[TASK GOAL]: The expected result is the segment of the entries that begins with the line containing "abbrev pub locked" and ends with the last line, copied verbatim.

[DATA FOR THE TASK]:
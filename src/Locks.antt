-- ===== src/Locks.antt =====
-- pkg/nfs/utils.go: `VolumeLocks`, one lock for each key of an operation in flight. The mutex makes
-- each method one step. The set of the keys is `sets.String` of k8s.io/apimachinery, a parameter.
pub mod Exclusion
use google_cloud_platform_nf.Prelude.{◌≡◌, refl, Bool, true, false, arith, if◌then◌else◌}
use google_cloud_platform_nf.Text.{Bytes, eq_bytes, eq_bytes_iff}

pub record StringSet : Type 1 where
  pub Set : Type 0
  pub empty : Set
  pub has : Set → Bytes → Bool
  pub insert : Set → Bytes → Set
  pub delete : Set → Bytes → Set

-- What a set of strings promises.
pub record IsStringSet (sets : StringSet) : Type 0 where
  pub has_empty : (k : Bytes) → sets.has sets.empty k ≡ false
  pub has_insert :
      (s : sets.Set) (k j : Bytes)
      → sets.has (sets.insert s k) j ≡ (if eq_bytes k j then true else sets.has s j)
  pub has_delete :
      (s : sets.Set) (k j : Bytes)
      → sets.has (sets.delete s k) j ≡ (if eq_bytes k j then false else sets.has s j)

module _ (sets : StringSet) where
  pub record VolumeLocks : Type 0 where
    pub locks : sets.Set

  unfoldable pub new_volume_locks : VolumeLocks
  new_volume_locks = record { locks = sets.empty }

  unfoldable pub try_acquire : VolumeLocks → Bytes → VolumeLocks × Bool
  try_acquire vl volume_id =
      if sets.has vl.locks volume_id
      then (vl, false)
      else (record { locks = sets.insert vl.locks volume_id }, true)

  unfoldable pub release : VolumeLocks → Bytes → VolumeLocks
  release vl volume_id = record { locks = sets.delete vl.locks volume_id }

  -- The key is locked.
  abbrev pub locked : VolumeLocks → Bytes → Bool
  locked vl k = sets.has vl.locks k

module _ (sets : StringSet) (laws : IsStringSet sets) where
  -- An attempt succeeds exactly when the key is free, then locks that key alone, and otherwise
  -- changes nothing.
  pub try_acquire-locked :
      (vl : VolumeLocks sets) (k j : Bytes)
      → ((try_acquire sets vl k).1 ≡ (if locked sets vl k then false else true))
        × (locked sets (try_acquire sets vl k).0 j
            ≡ (if eq_bytes k j then true else locked sets vl j))
  unfolding try_acquire
  try_acquire-locked vl k j = ground (arith, laws.has_insert vl.locks k j, eq_bytes_iff k j)

  -- Releasing a key that was acquired gives the locks back as they were, key by key.
  pub release-try_acquire :
      (vl : VolumeLocks sets) (k j : Bytes)
      → (try_acquire sets vl k).1 ≡ true
      → locked sets (release sets (try_acquire sets vl k).0 k) j ≡ locked sets vl j
  unfolding try_acquire release
  release-try_acquire vl k j h = ground (
    arith,
    laws.has_insert vl.locks k j,
    laws.has_delete (sets.insert vl.locks k) k j,
    eq_bytes_iff k j,
  )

[SOLUTION TO THE PROBLEM]:
  abbrev pub locked : VolumeLocks → Bytes → Bool
  locked vl k = sets.has vl.locks k

module _ (sets : StringSet) (laws : IsStringSet sets) where
  -- An attempt succeeds exactly when the key is free, then locks that key alone, and otherwise
  -- changes nothing.
  pub try_acquire-locked :
      (vl : VolumeLocks sets) (k j : Bytes)
      → ((try_acquire sets vl k).1 ≡ (if locked sets vl k then false else true))
        × (locked sets (try_acquire sets vl k).0 j
            ≡ (if eq_bytes k j then true else locked sets vl j))
  unfolding try_acquire
  try_acquire-locked vl k j = ground (arith, laws.has_insert vl.locks k j, eq_bytes_iff k j)

  -- Releasing a key that was acquired gives the locks back as they were, key by key.
  pub release-try_acquire :
      (vl : VolumeLocks sets) (k j : Bytes)
      → (try_acquire sets vl k).1 ≡ true
      → locked sets (release sets (try_acquire sets vl k).0 k) j ≡ locked sets vl j
  unfolding try_acquire release
  release-try_acquire vl k j h = ground (
    arith,
    laws.has_insert vl.locks k j,
    laws.has_delete (sets.insert vl.locks k) k j,
    eq_bytes_iff k j,
  )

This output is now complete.